◆ **WORK INSTRUCTIONS**: Go through the records below and report each line with "InRange" in it.

+++++

-- ===== src/Double/Round.antt =====
-- What rounding to 53 bits keeps: the exponent is the least one, and no representable number is
-- crossed.
use native.Mathlib.Nat.{
  two-pow-succ, div-add-mod', div-le_of_le-mul, le-div_iff_mul-le, mul_comm, mul-pos,
  le_of_mul-le-mul_right,
}
use approximation_computing.Common.{
  ℕ, zero, suc, ◌+◌, ◌-◌, ◌*◌, ◌/◌, ◌%◌, ◌^◌, ◌≤◌, ◌<◌, ◌≡◌, ◌⊎◌, inl, inr, refl, arith, ltb,
  Bool-cases, ltb→lt, not-ltb→le, mul-two-pow, two-pow-pos, two-pow-le, pow-add, ap, le_trans,
  mul-le-mul_right,
}
use native.Mathlib.Decide.{dec_le}
use approximation_computing.Double.{exponent, nearest, round_at, round}

-- The exponent found behind a first jump by `p`.
exponent_jump :
    (p num den e : ℕ)
    → den * 2 ^ (52 + p) ≤ num
    → num < den * 2 ^ p * 2 ^ (53 + e)
    → (e ≡ 0) ⊎ (den * 2 ^ p * 2 ^ (52 + e) ≤ num)
    → (num < den * 2 ^ (53 + (p + e))) × ((p + e ≡ 0) ⊎ (den * 2 ^ (52 + (p + e)) ≤ num))
exponent_jump p num den e high below least =
    (omega (arith, mul-two-pow den p (53 + e) {r = 53 + (p + e)} (omega arith)), inr (above least))
  where
    above : (e ≡ 0) ⊎ (den * 2 ^ p * 2 ^ (52 + e) ≤ num) → den * 2 ^ (52 + (p + e)) ≤ num
    above (inl z) = let same : 52 + (p + e) ≡ 52 + p = omega arith in rw same high
    above (inr g) = omega (arith, mul-two-pow den p (52 + e) {r = 52 + (p + e)} (omega arith))

pub exponent_lem :
    (k num den : ℕ)
    → num < den * 2 ^ (52 + 2 ^ k)
    → (num < den * 2 ^ (53 + exponent k num den))
      × ((exponent k num den ≡ 0) ⊎ (den * 2 ^ (52 + exponent k num den) ≤ num))
unfolding exponent
exponent_lem zero num den h = (h, inl refl)
exponent_lem (suc k) num den h = elim (Bool-cases (ltb num (den * 2 ^ (52 + 2 ^ k)))) [
  | inl low ↦ rw (low, exponent) (exponent_lem k num den (ltb→lt _ _ low))
  | inr high ↦
      let p : ℕ = 2 ^ k in
      let twice : p + (52 + p) ≡ 52 + 2 ^ suc k = omega (arith, two-pow-succ k) in
      let (below, least) =
        exponent_lem k num (den * 2 ^ p) (omega (arith, mul-two-pow den p (52 + p) twice)) in
      rw (high, exponent) (exponent_jump p num den _ (not-ltb→le _ _ high) below least)
]

pub nearest-le : (num d m : ℕ) → 0 < d → num ≤ m * d → nearest num d ≤ m
unfolding nearest
nearest-le num d m d_pos h =
    let floor : num / d ≤ m = div-le_of_le-mul d (omega (arith, mul_comm d m)) in
    ground (arith, div-add-mod' num d, exact_multiple)
  where
    exact_multiple : num / d ≡ m → num % d ≡ 0
    exact_multiple e = let same : num / d * d ≡ m * d = rw e in omega (arith, div-add-mod' num d)

pub le-nearest : (num d m : ℕ) → 0 < d → m * d ≤ num → m ≤ nearest num d
unfolding nearest
le-nearest num d m d_pos h = let floor : m ≤ num / d = (le-div_iff_mul-le d_pos).1 h in ground arith

-- The numbers that the rounding reads: below 2^2048 in the unit of the result, which no double passes.
abbrev pub InRange : ℕ → ℕ → Type 0
InRange num den = num < den * 2 ^ (52 + 2 ^ 12)

abbrev pub IsExponent : ℕ → ℕ → ℕ → Type 0
IsExponent e num den = (num < den * 2 ^ (53 + e)) × ((e ≡ 0) ⊎ (den * 2 ^ (52 + e) ≤ num))

-- With more than 52 bits of the exponent in use, the quotient has its top bit set.
pub top_bit : (e j num den : ℕ) → IsExponent e num den → suc j ≤ e → den * 2 ^ (52 + e) ≤ num
top_bit e j num den (below, inl z) h = absurd (omega arith)
top_bit e j num den (below, inr g) h = g

-- A multiple of 2 ^ j, as a multiple of a smaller power.
coarser : (m e j : ℕ) → e ≤ j → m * 2 ^ (j - e) * 2 ^ e ≡ m * 2 ^ j
coarser m e j h = mul-two-pow m (j - e) e (omega arith)

pub small : {m e j : ℕ} → m ≤ 2 ^ 53 → suc j ≤ e → m * 2 ^ j ≤ 2 ^ 52 * 2 ^ e
small {m} {e} {j} fits h =
    omega (arith, mul-le-mul_right (2 ^ j) fits, two-pow-le h, two-pow-succ j)

module _ (e num den : ℕ) (den_pos : 0 < den) (exp : IsExponent e num den) (m j : ℕ) where
  scale_pos : 0 < den * 2 ^ e
  scale_pos = mul-pos den_pos (two-pow-pos e)

  at_scale : (k : ℕ) → k * (den * 2 ^ e) ≡ k * 2 ^ e * den
  at_scale k = omega arith

  round_at-le : m ≤ 2 ^ 53 → num ≤ m * 2 ^ j * den → round_at e num den ≤ m * 2 ^ j
  unfolding round_at
  round_at-le fits h = elim (dec_le e j) [
    | yes le ↦
        let c = coarser m e j le in
        let n =
          nearest-le num (den * 2 ^ e) (m * 2 ^ (j - e)) scale_pos
            (rw (at_scale (m * 2 ^ (j - e)), c) h) in
        rw (← c) (mul-le-mul_right (2 ^ e) n)
    | no gt ↦
        let lt : suc j ≤ e = omega arith in
        let top : 2 ^ 52 * 2 ^ e * den ≤ num =
          omega (arith, top_bit e j num den exp lt, ap (λ (t : ℕ). den * t) (pow-add 2 52 e)) in
        let room : m * 2 ^ j ≤ 2 ^ 52 * 2 ^ e = small fits lt in
        let n =
          nearest-le num (den * 2 ^ e) (2 ^ 52) scale_pos
            (rw (at_scale (2 ^ 52)) (le_trans h (mul-le-mul_right den room))) in
        le_trans (mul-le-mul_right (2 ^ e) n) (le_of_mul-le-mul_right (le_trans top h) den_pos)
  ]

  le-round_at : m ≤ 2 ^ 53 → m * 2 ^ j * den ≤ num → m * 2 ^ j ≤ round_at e num den
  unfolding round_at
  le-round_at fits h = elim (dec_le e j) [
    | yes le ↦
        let c = coarser m e j le in
        let n =
          le-nearest num (den * 2 ^ e) (m * 2 ^ (j - e)) scale_pos
            (rw (at_scale (m * 2 ^ (j - e)), c) h) in
        rw (← c) (mul-le-mul_right (2 ^ e) n)
    | no gt ↦
        let lt : suc j ≤ e = omega arith in
        let top : 2 ^ 52 * 2 ^ e * den ≤ num =
          omega (arith, top_bit e j num den exp lt, ap (λ (t : ℕ). den * t) (pow-add 2 52 e)) in
        let n = le-nearest num (den * 2 ^ e) (2 ^ 52) scale_pos (rw (at_scale (2 ^ 52)) top) in
        le_trans (small fits lt) (mul-le-mul_right (2 ^ e) n)
  ]

module _ (num den : ℕ) (den_pos : 0 < den) (range : InRange num den) where
  -- Rounding does not pass a representable number from below.
  pub round-le : (m j : ℕ) → m ≤ 2 ^ 53 → num ≤ m * 2 ^ j * den → round num den ≤ m * 2 ^ j
  unfolding round
  round-le m j fits h = round_at-le _ num den den_pos (exponent_lem 12 num den range) m j fits h

  -- Nor from above.
  pub le-round : (m j : ℕ) → m ≤ 2 ^ 53 → m * 2 ^ j * den ≤ num → m * 2 ^ j ≤ round num den
  unfolding round
  le-round m j fits h = le-round_at _ num den den_pos (exponent_lem 12 num den range) m j fits h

+++++

◆ **YOUR SOLUTION**:
abbrev pub InRange : ℕ → ℕ → Type 0
InRange num den = num < den * 2 ^ (52 + 2 ^ 12)
module _ (num den : ℕ) (den_pos : 0 < den) (range : InRange num den) where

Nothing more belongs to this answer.